O movimento pelos direitos civis na América serviu de inspiração aos milhões que nos seus respectivos países lutavam, na época, contra o colonialismo, contra regimes totalitários e autoritários, contra todas as formas de discriminação de base étnica, religiosa e de género. Dois momentos nesses cinquentas anos de luta tiveram particular impacto. Um foi a queda do Muro de Berlim que precipitou o fim do comunismo e de muitos regimes autocráticos. Na sequência, verificou-se o abraçar quase universal dos direitos humanos e a diminuição da pobreza opressiva de muitos milhões de pessoas que com a globalização se viram incluídas no processo produtivo mundial. O outro momento foi o desmantelamento do Apartheid na África do Sul em que se notabilizou Nelson Mandela como figura-chave para que o processo fosse pacífico. Mostrando sabedoria, humildade e compreensão dos receios dos outros, Mandela soube guiar a África do Sul em direcção à democracia em que a maioria governa mas com respeito pelos direitos dos indivíduos e das minorias.
O caracter não violento do movimento cívico liderado por Martin Luther King é reconhecido hoje com uma das razões do seu sucesso. Sucesso corroborado antes pelo Mahatma Gandhi na Índia e posteriormente por Nelson Mandela. Aliás um estudo de Maria Stephan e Erica Chenoweth publicado na revista International Security, em 2008, demonstra que os movimentos que não usam meios violentos são bem sucedidos em 53% dos casos, mais do que os 26% quando se usa violência. Para Luther King não responder com violência aos ataques tem um efeito “redentor”, incentiva o auto controle e evita tentações do género que em África justificaram como muitos “libertadores” se tornaram posteriormente em opressores. A tentação de se acreditar que por ser a luta justa e a causa nobre quem nela se engaja está sempre certo, pode pôr-se acima dos outros, considerar-se incorruptível e ter o direito de usar todos os meios, mesmo os mais cruéis, para atingir objectivos preconizados.
Nas vésperas de mais um aniversário do 31 de Agosto de 1981, em Santo Antão, é de relembrar as consequências trágicas para cidadãos comuns e indefesos quando autoproclamados libertadores cedem a tais tentações.

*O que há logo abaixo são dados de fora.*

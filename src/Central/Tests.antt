-- ===== src/Central/Tests.antt =====
-- A store with one call, and a registry with one peer, and the theorems applied to them.
use dc_streaming_p2p.Base.{
  ℕ, List, true, false, holds, inl, inr, ◌≡◌, refl, none, some, [], ◌∷◌, Text, text_dec, ℕ_discrete,
  arith,
}
use dc_streaming_p2p.Base.Map.{lookup, insert}
use dc_streaming_p2p.Base.Int.{pos}
use dc_streaming_p2p.Base.Strings.{codes, trim_space}
use dc_streaming_p2p.Session.Record.{Session, allow_all, has, live, closed, unknown}
use dc_streaming_p2p.Signaling.Hub.{Hub, Event, Delivers, Message, answer, no_code, sends, route}
use dc_streaming_p2p.Central.Sweep.{sweep, sweep_lem}
use dc_streaming_p2p.Session.Steps
use dc_streaming_p2p.Session.Store.{Options, Store, new, empty_store}
use dc_streaming_p2p.Session.Ops.{open_session, new_session}
use dc_streaming_p2p.Session.Opening.{Sound}
use dc_streaming_p2p.Session.Settling.{view}
use dc_streaming_p2p.Session.History.{Reach-Sound, here, next, opens}
use dc_streaming_p2p.Registry.Defs
use dc_streaming_p2p.Auth.Clients
use dc_streaming_p2p.Auth.Clients.{ClientStore}
use dc_streaming_p2p.Config.Tests as Env
use dc_streaming_p2p.Config.Tests.{digest}
use dc_streaming_p2p.Base.{◌≤◌, ◌*◌, length}
use dc_streaming_p2p.Base.Map.{Distinct}
use dc_streaming_p2p.Base.Map.Count.{count}
use dc_streaming_p2p.Session.Store.{retained_per_live}
use dc_streaming_p2p.Session.Ops.{held}
use dc_streaming_p2p.Session.Invariant.{Inv, live_with}
use dc_streaming_p2p.Transport.Http
use dc_streaming_p2p.Transport.Sessions.{open_handler}
use dc_streaming_p2p.Transport.Peers.{peers_handler}
use dc_streaming_p2p.Central.{reachable}
use dc_streaming_p2p.Registry.Windows.{is_online}
use dc_streaming_p2p.Central.Running.Health.{health, load-health}
use dc_streaming_p2p.Central.Running as Run
use dc_streaming_p2p.Central.Running.{World, Runs, then_happens, at_peers, post_session}
use dc_streaming_p2p.Central.Running.Bounds.{world_of, load-Runs}
use dc_streaming_p2p.Central.Startup.{Components, start, configured, load-start}
use dc_streaming_p2p.Central.{other_peer, refresh}
use dc_streaming_p2p.Central.Facing.{Far, Faces, other_peer_lem}
use dc_streaming_p2p.Central.Delivery.{HasRoom, answers, route-Faces}
use dc_streaming_p2p.Signaling.Routing.{heard_of, conn_of}
use dc_streaming_p2p.Central.Presence.{refresh-look_up, touched}

abbrev ann : Text
ann = 97 ∷ []

abbrev bob : Text
bob = 98 ∷ []

abbrev call : Text
call = 49 ∷ []

abbrev opts : Options
opts = record {
  negotiation_timeout = pos 30;
  retention = pos 60;
  max_sessions = pos 10;
  max_sessions_per_peer = pos 3;
  authorizer = none;
}

abbrev started : Store
started =
    empty_store
      (record { timeout = 30; retention = 60; ceiling = 10; per_peer_cap = 3; allows = allow_all })

abbrev called : Store
called = (open_session (some call) ann bob 5 started).0

called-Sound : Sound started.settings called
unfolding new lookup
called-Sound = Reach-Sound opts refl (next here (opens (some call) ann bob 5 refl))

called_call : lookup call called.sessions ≡ some (new_session call ann bob 5)
unfolding lookup open_session trim_space text_dec ℕ_discrete Steps.find_pair insert Steps.trim
called_call = refl

other_peer_lem_example :
    Far call bob 20 called (other_peer 20 call bob called).1
    × (view 21 (other_peer 20 call bob called).0 call ≡ view 21 called call)
other_peer_lem_example =
    other_peer_lem call bob call 20 21 called called-Sound.valid.inv (omega arith)

-- The called peer answers, on a hub where both have just connected.
abbrev answered : Message
answered = record {
  kind = answer;
  session_id = call;
  from = [];
  payload = 1 ∷ [];
  code = no_code;
  state = [];
}

abbrev hub : Hub
hub = record {
  allowance = 2;
  window = 10;
  send_timeout = 5;
  has_presence = true;
  conns =
      (ann, record { conn = 1; sent = 0; window_from = 6 })
      ∷ (bob, record { conn = 2; sent = 1; window_from = 7 })
      ∷ [];
}

abbrev all_delivered : Delivers
all_delivered conn m = true

bob-HasRoom : HasRoom bob 9 hub
unfolding lookup text_dec ℕ_discrete
bob-HasRoom = (record { conn = 2; sent = 1; window_from = 7 }, refl, inl (omega arith))

bob-Faces : Faces call bob 9 called ann
unfolding open_session trim_space text_dec ℕ_discrete Steps.find_pair lookup Steps.trim
bob-Faces = (new_session call ann bob 5, called_call, inl refl, inr (refl, refl))

ann_connected : conn_of ann hub ≡ some 1
unfolding lookup text_dec ℕ_discrete
ann_connected = refl

route-Faces_example :
    ((route (other_peer 9) all_delivered bob answered 9 hub called).2
      ≡ sends 1 (heard_of bob answered) ∷ [])
    × ((route (other_peer 9) all_delivered bob answered 9 hub called).3 ≡ none)
route-Faces_example =
    route-Faces bob ann all_delivered answered 9 1 hub called called-Sound.valid.inv answers
      (λ e. absurd (ground arith)) bob-HasRoom bob-Faces ann_connected refl

abbrev registry : Defs.Registry
registry =
    (Defs.register ann 5 (
      Defs.empty_registry (record {
        heartbeat_interval = pos 10;
        suspect_after = pos 20;
        offline_after = pos 50;
        max_peers = pos 1;
      }))).0

abbrev first : Defs.Peer
first = record { id = ann; registered_at = 5; last_seen = 5; state = Defs.online }

ann_registered : Defs.look_up ann 9 registry ≡ some first
unfolding trim_space Defs.look_up lookup Defs.register insert text_dec ℕ_discrete Defs.state_of
ann_registered = refl

refresh-look_up_example :
    Defs.look_up ann 9 (refresh (bob ∷ ann ∷ []) 9 registry) ≡ some (touched 9 first)
unfolding trim_space text_dec ℕ_discrete
refresh-look_up_example =
    refresh-look_up (bob ∷ ann ∷ []) ann 9 registry first (refl, (refl, tt)) ann_registered

load-start_example :
    (clients : ClientStore Text) × (Clients.new digest Env.loaded.clients ≡ inr clients)
    × (start digest Env.out ≡ inr (configured Env.loaded clients))
load-start_example = load-start digest Env.out Env.loaded Env.out-loads

-- A registry where ann was last heard of at 5.
abbrev short : Defs.Registry
short = record {
  settings = record { heartbeat_interval = 5; suspect_after = 10; offline_after = 20; ceiling = 3 };
  peers = (ann, record { registered_at = 5; last_seen = 5 }) ∷ [];
}

abbrev no_hub : Hub
no_hub = record { allowance = 3; window = 10; send_timeout = 5; has_presence = true; conns = [] }

abbrev clock : Text → ℕ
clock peer = 27

abbrev delivers : Delivers
delivers conn message = true

abbrev swept : Defs.Registry × Store × List Event
swept = sweep clock delivers 26 short called no_hub

abbrev hung_up : Session
hung_up = record {
  id = call;
  caller = ann;
  callee = bob;
  state = closed;
  path = unknown;
  opened_at = 5;
  changed_at = 27;
}

ann_silent : holds (Defs.expired short.settings 26) (lookup ann short.peers) ≡ true
unfolding lookup text_dec ℕ_discrete Defs.state_of
ann_silent = refl

found_after : lookup call swept.1.sessions ≡ some hung_up
unfolding lookup sweep dc_streaming_p2p.Central.Sweep.close_each Defs.expire text_dec ℕ_discrete
    Defs.state_of dc_streaming_p2p.Session.Ops.close_peer open_session trim_space Steps.find_pair
    insert Steps.trim has
found_after = refl

ann_in : has ann hung_up ≡ true
unfolding has text_dec ℕ_discrete
ann_in = refl

sweep_lem_example :
    (Defs.look_up ann 26 (sweep clock delivers 26 short called no_hub).0 ≡ none)
    × (live hung_up ≡ false)
sweep_lem_example =
    sweep_lem started.settings clock delivers 26 short called no_hub ann call hung_up called-Sound
      ann_silent found_after ann_in

abbrev parts : Components Text
parts = configured Env.loaded (load-start digest Env.out Env.loaded Env.out-loads).0

parts-started : start digest Env.out ≡ inr parts
parts-started = (load-start digest Env.out Env.loaded Env.out-loads).2

-- ann and bob register, and ann calls bob.
abbrev ann_here : World
ann_here = record (world_of parts) { peers = (peers_handler Http.post ann 5 parts.peers).0 }

abbrev both_here : World
both_here = record ann_here { peers = (peers_handler Http.post bob 6 ann_here.peers).0 }

abbrev ann_calls : World
ann_calls = record both_here {
  sessions =
      (open_handler (some (reachable 7 both_here.peers)) (some call) ann (some bob) 7
        both_here.sessions).0;
}

ann_calls-Runs : Runs (world_of parts) ann_calls
unfolding lookup
ann_calls-Runs =
    then_happens
      (then_happens (then_happens Run.started (at_peers Http.post ann 5))
        (at_peers Http.post bob 6))
      (post_session (some call) ann (some bob) 7 refl)

load-Runs_example :
    (count live ann_calls.sessions.sessions ≤ Env.loaded.max_sessions)
    × ((peer : Text)
        → count (live_with peer) ann_calls.sessions.sessions ≤ Env.loaded.max_sessions_per_peer)
    × (held ann_calls.sessions ≤ Env.loaded.max_sessions * retained_per_live)
    × (length ann_calls.peers.peers ≤ Env.loaded.max_peers)
    × Distinct ann_calls.peers.peers
    × Inv ann_calls.sessions
load-Runs_example =
    load-Runs digest Env.out Env.loaded parts Env.out-loads parts-started ann_calls-Runs

load-health_example :
    ((health Env.loaded (codes "dev") 0 9 ann_calls).sessions_live
      ≡ count live ann_calls.sessions.sessions)
    × ((health Env.loaded (codes "dev") 0 9 ann_calls).sessions_live ≤ Env.loaded.max_sessions)
    × ((health Env.loaded (codes "dev") 0 9 ann_calls).peers_online
        ≡ count (is_online ann_calls.peers.settings 9) ann_calls.peers.peers)
    × ((health Env.loaded (codes "dev") 0 9 ann_calls).peers_online ≤ Env.loaded.max_peers)
load-health_example =
    load-health digest Env.out Env.loaded parts (codes "dev") 0 9 Env.out-loads parts-started
      ann_calls-Runs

Cabo Verde conheceu o seu grande momento de inclusão com a conquista do direito ao voto a 13 de Janeiro de 1991 e a consagração dos direitos fundamentais, da democracia e do primado da lei na Constituição de 1992. Para “uma união mais perfeita” há que pôr fim a clientelas partidárias e fazer progressos significativos, designadamente no que respeita à igualdade de oportunidades, à diminuição da dependência do Estado e à promoção da iniciativa e do mérito.